Le gendarme qui maniait le corps déclara :
« Vêtu d’une blouse bleue, d’une chemise blanche, d’un pantalon et d’une paire de souliers. »
La première allumette s’éteignit ; on alluma la seconde. L’homme reprit, en retournant les poches.
« Un couteau de corne, un mouchoir à carreaux, une tabatière, un bout de ficelle, un morceau de pain. »
La seconde allumette s’éteignit. On alluma la troisième. Le gendarme après avoir longtemps palpé le cadavre déclara :
« C’est tout. »
Je dis :
« Déshabillez-le. Nous trouverons peut-être quelque chose contre la peau. »
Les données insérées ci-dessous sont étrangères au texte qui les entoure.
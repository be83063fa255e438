-- ===== src/Admin.antt =====
-- api/routers/admin.py, api/routers/quotas.py, `usage_snapshot` of api/quotas.py, and
-- scripts/create_admin.py: users and their quotas, by administrators.
pub mod Lockout
use perzforge.Prelude.{
  ℕ, Bool, true, false, not, ◌&&◌, ◌||◌, Option, none, some, List, [], ◌∷◌, ◌++◌, String, Text,
  find?, filter, update_where, str_eq, length, is_some, map, any, ◌==◌, if◌then◌else◌,
}
use perzforge.Settings.{Settings}
use perzforge.Schema.{User, UserRole, Quota, Db, is_admin}
use perzforge.Http.{Result, ok, err, Error, http, integrity_error, exception}
use perzforge.Quota.{
  World, QuotaResource, concurrent_jobs, jobs_per_day, storage_mb, instances, llm_tokens_per_day,
  live_endpoints, quota_limit_name, limit_for, current_usage, get_or_create_quota,
}
use perzforge.Auth.{Crypto, find_user}
use perzforge.Pagination.{page}

abbrev pub user_with_email : String → Db → Option User
user_with_email email db = find? (λ u. str_eq u.email email) db.users

abbrev pub set_users : List User → Db → Db
set_users users db = record db { users = users }

abbrev pub new_user : Crypto → ℕ → ℕ → String → UserRole → String → User
new_user c now user_id email role temporary_password = record {
  id = user_id;
  email = email;
  password_hash = c.hash_password temporary_password;
  role = role;
  must_change_password = true;
  disabled = false;
  created_at = now;
}

-- The email is in lower case; the password and the row's identifier are given.
unfoldable pub create_user :
    Crypto → ℕ → ℕ → String → UserRole → String → Db → Result (User × String) × Db
create_user c now user_id email role temporary_password db =
    if is_some (user_with_email email db)
    then (err (http 409 "Email already registered"), db)
    else (
      ok (new_user c now user_id email role temporary_password, temporary_password),
      set_users (db.users ++ new_user c now user_id email role temporary_password ∷ []) db,
    )

unfoldable pub list_users : ℕ → ℕ → Db → List User × ℕ
list_users limit offset db = (page (λ u. u.created_at) limit offset db.users, length db.users)

abbrev pub disabled_user : User → User
disabled_user u = record u { disabled = true }

abbrev pub disable_found : ℕ → Option User → Db → Result (Unit {0}) × Db
disable_found user_id none db = (err (http 404 "User not found"), db)
disable_found user_id (some user) db =
    (ok tt, set_users (update_where (λ u. u.id == user_id) disabled_user db.users) db)

unfoldable pub disable_user : ℕ → User → Db → Result (Unit {0}) × Db
disable_user user_id admin db =
    if user_id == admin.id
    then (err (http 409 "Admins cannot disable their own account"), db)
    else disable_found user_id (find_user user_id db) db

-- scripts/create_admin.py: what it returns. `scalar_one_or_none` raises if there are several.
abbrev pub first_admin : Crypto → ℕ → ℕ → String → String → Db → Result ℕ × Db
first_admin c now user_id email password db =
    if is_some (user_with_email email db) then (ok 1, db) else (
      ok 0,
      set_users
          (db.users
            ++ record (new_user c now user_id email UserRole.admin password) {
              must_change_password = false;
            }
              ∷ [])
          db,
    )

abbrev pub with_admins : Crypto → ℕ → ℕ → String → String → List User → Db → Result ℕ × Db
with_admins c now user_id email password [] db = first_admin c now user_id email password db
with_admins c now user_id email password (a ∷ []) db = (ok 0, db)
with_admins c now user_id email password (a ∷ b ∷ admins) db =
    (err (exception "MultipleResultsFound"), db)

-- The email is stripped and in lower case.
unfoldable pub create_admin : Crypto → ℕ → ℕ → String → String → Db → Result ℕ × Db
create_admin c now user_id email password db =
    if str_eq email "" || str_eq password ""
    then (ok 1, db)
    else with_admins c now user_id email password (filter (λ u. is_admin u.role) db.users) db

-- The loop over QuotaResource: the name of the limit, the limit and the usage.
abbrev pub snapshot_entry : Quota → World → ℕ → ℕ → QuotaResource → String × ℕ × ℕ
snapshot_entry quota w user_id now resource =
    (quota_limit_name resource, limit_for quota resource, current_usage w user_id resource now)

unfoldable pub usage_snapshot : Settings → ℕ → User → World → List (String × ℕ × ℕ) × World
usage_snapshot s now user w =
    let (quota, db) = get_or_create_quota s user w.db in
    let w' : World = record w { db = db } in
    (
      map (snapshot_entry quota w' user.id now) (
          concurrent_jobs ∷ jobs_per_day ∷ storage_mb ∷ instances ∷ llm_tokens_per_day
          ∷ live_endpoints ∷ []),
      w',
    )

-- The limits, and the usage.
unfoldable pub get_my_quota : Settings → ℕ → User → World → (Quota × List (String × ℕ × ℕ)) × World
get_my_quota s now user w =
    let (usage, w') = usage_snapshot s now user w in
    let (quota, db) = get_or_create_quota s user w'.db in ((quota, usage), record w' { db = db })

-- A field of a request: left out, null, or a number.
pub data Field : Type 0 where
  unset null : Field
  number : ℕ → Field

pub record PatchQuotaRequest : Type 0 where
  pub max_concurrent_jobs : Field
  pub max_jobs_per_day : Field
  pub max_storage_mb : Field
  pub max_instances : Field
  pub max_llm_tokens_per_day : Field
  pub max_live_endpoints : Field

abbrev pub fields_of : PatchQuotaRequest → List Field
fields_of body =
    body.max_concurrent_jobs ∷ body.max_jobs_per_day ∷ body.max_storage_mb ∷ body.max_instances
    ∷ body.max_llm_tokens_per_day ∷ body.max_live_endpoints ∷ []

abbrev pub is_set : Field → Bool
is_set unset = false
is_set _ = true

abbrev pub is_null : Field → Bool
is_null null = true
is_null _ = false

abbrev pub or_old : Field → ℕ → ℕ
or_old (number value) old = value
or_old _ old = old

abbrev pub patched : PatchQuotaRequest → Quota → Quota
patched body q = record q {
  max_concurrent_jobs = or_old body.max_concurrent_jobs q.max_concurrent_jobs;
  max_jobs_per_day = or_old body.max_jobs_per_day q.max_jobs_per_day;
  max_storage_mb = or_old body.max_storage_mb q.max_storage_mb;
  max_instances = or_old body.max_instances q.max_instances;
  max_llm_tokens_per_day = or_old body.max_llm_tokens_per_day q.max_llm_tokens_per_day;
  max_live_endpoints = or_old body.max_live_endpoints q.max_live_endpoints;
}

-- The columns take no null.
abbrev pub patch_found : Settings → PatchQuotaRequest → Option User → Db → Result Quota × Db
patch_found s body none db = (err (http 404 "User not found"), db)
patch_found s body (some target) db =
    if not (any is_set (fields_of body))
    then (err (http 422 "No quota fields provided"), db)
    else if any is_null (fields_of body)
    then (err integrity_error, (get_or_create_quota s target db).1)
    else (let (quota, db') = get_or_create_quota s target db in
        (
          ok (patched body quota),
          record db' {
            quotas = update_where (λ q. q.user_id == target.id) (patched body) db'.quotas;
          },
        ))

unfoldable pub patch_user_quota : Settings → PatchQuotaRequest → ℕ → Db → Result Quota × Db
patch_user_quota s body user_id db = patch_found s body (find_user user_id db) db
Et, pour que les deux soldats pussent agir en même temps, je me mis moi-même à les éclairer. Je les voyais à la lueur rapide et vite éteinte de l’allumette, ôter les vêtements un à un, mettre à nu ce paquet sanglant de chair encore chaude et morte.
Et soudain un d’eux balbutia :
« Nom d’un nom, mon commandant, c’est une femme ! »
Je ne saurais vous dire quelle étrange et poignante sensation d’angoisse me remua le cœur. Je ne le pouvais croire, et je m’agenouillai dans la neige, devant cette bouillie informe, pour voir : c’était une femme ;
Les deux gendarmes, interdits et démoralisés, attendaient que j’émisse un avis.
Mais je ne savais que penser, que supposer.
Alors le brigadier prononça lentement :
« Peut-être qu’elle venait chercher son enfant qu’était soldat d’artillerie et dont elle n’avait pas de nouvelles. »
Et l’autre répondit :
« P’t’être ben que oui tout de même. »
Et moi qui avais vu des choses bien terribles, je me mis à pleurer. Et je sentis, en face de cette morte, dans cette nuit glacée, au milieu de cette plaine noire, devant ce mystère, devant cette inconnue assassinée, ce que veut dire ce mot : « Horreur ».
Or, j’ai eu cette même sensation, l’an dernier, en interrogeant un des survivants de la mission Flatters, un tirailleur algérien.
Vous savez les détails de ce drame atroce. Il en est un cependant que vous ignorez peut-être.
Le colonel allait au Soudan par le désert et traversait l’immense territoire des Touareg, qui sont, dans tout cet océan de sable qui va de l’Atlantique à l’Egypte et du Soudan à l’Algérie, des espèces de pirates comparables à ceux qui ravageaient les mers autrefois.
Les guides qui conduisaient la colonne appartenaient à la tribu des Chambaa, de Ouargla.
Or, un jour on établit le camp en plein désert, et les Arabes déclarèrent que, la source étant encore un peu loin, ils iraient chercher de l’eau avec tous les chameaux.
Un seul homme prévint le colonel qu’il était trahi : Flatters n’en crut rien et accompagna le convoi avec les ingénieurs, les médecins et presque tous ses officiers.
Ils furent massacrés autour de la source, et tous les chameaux capturés.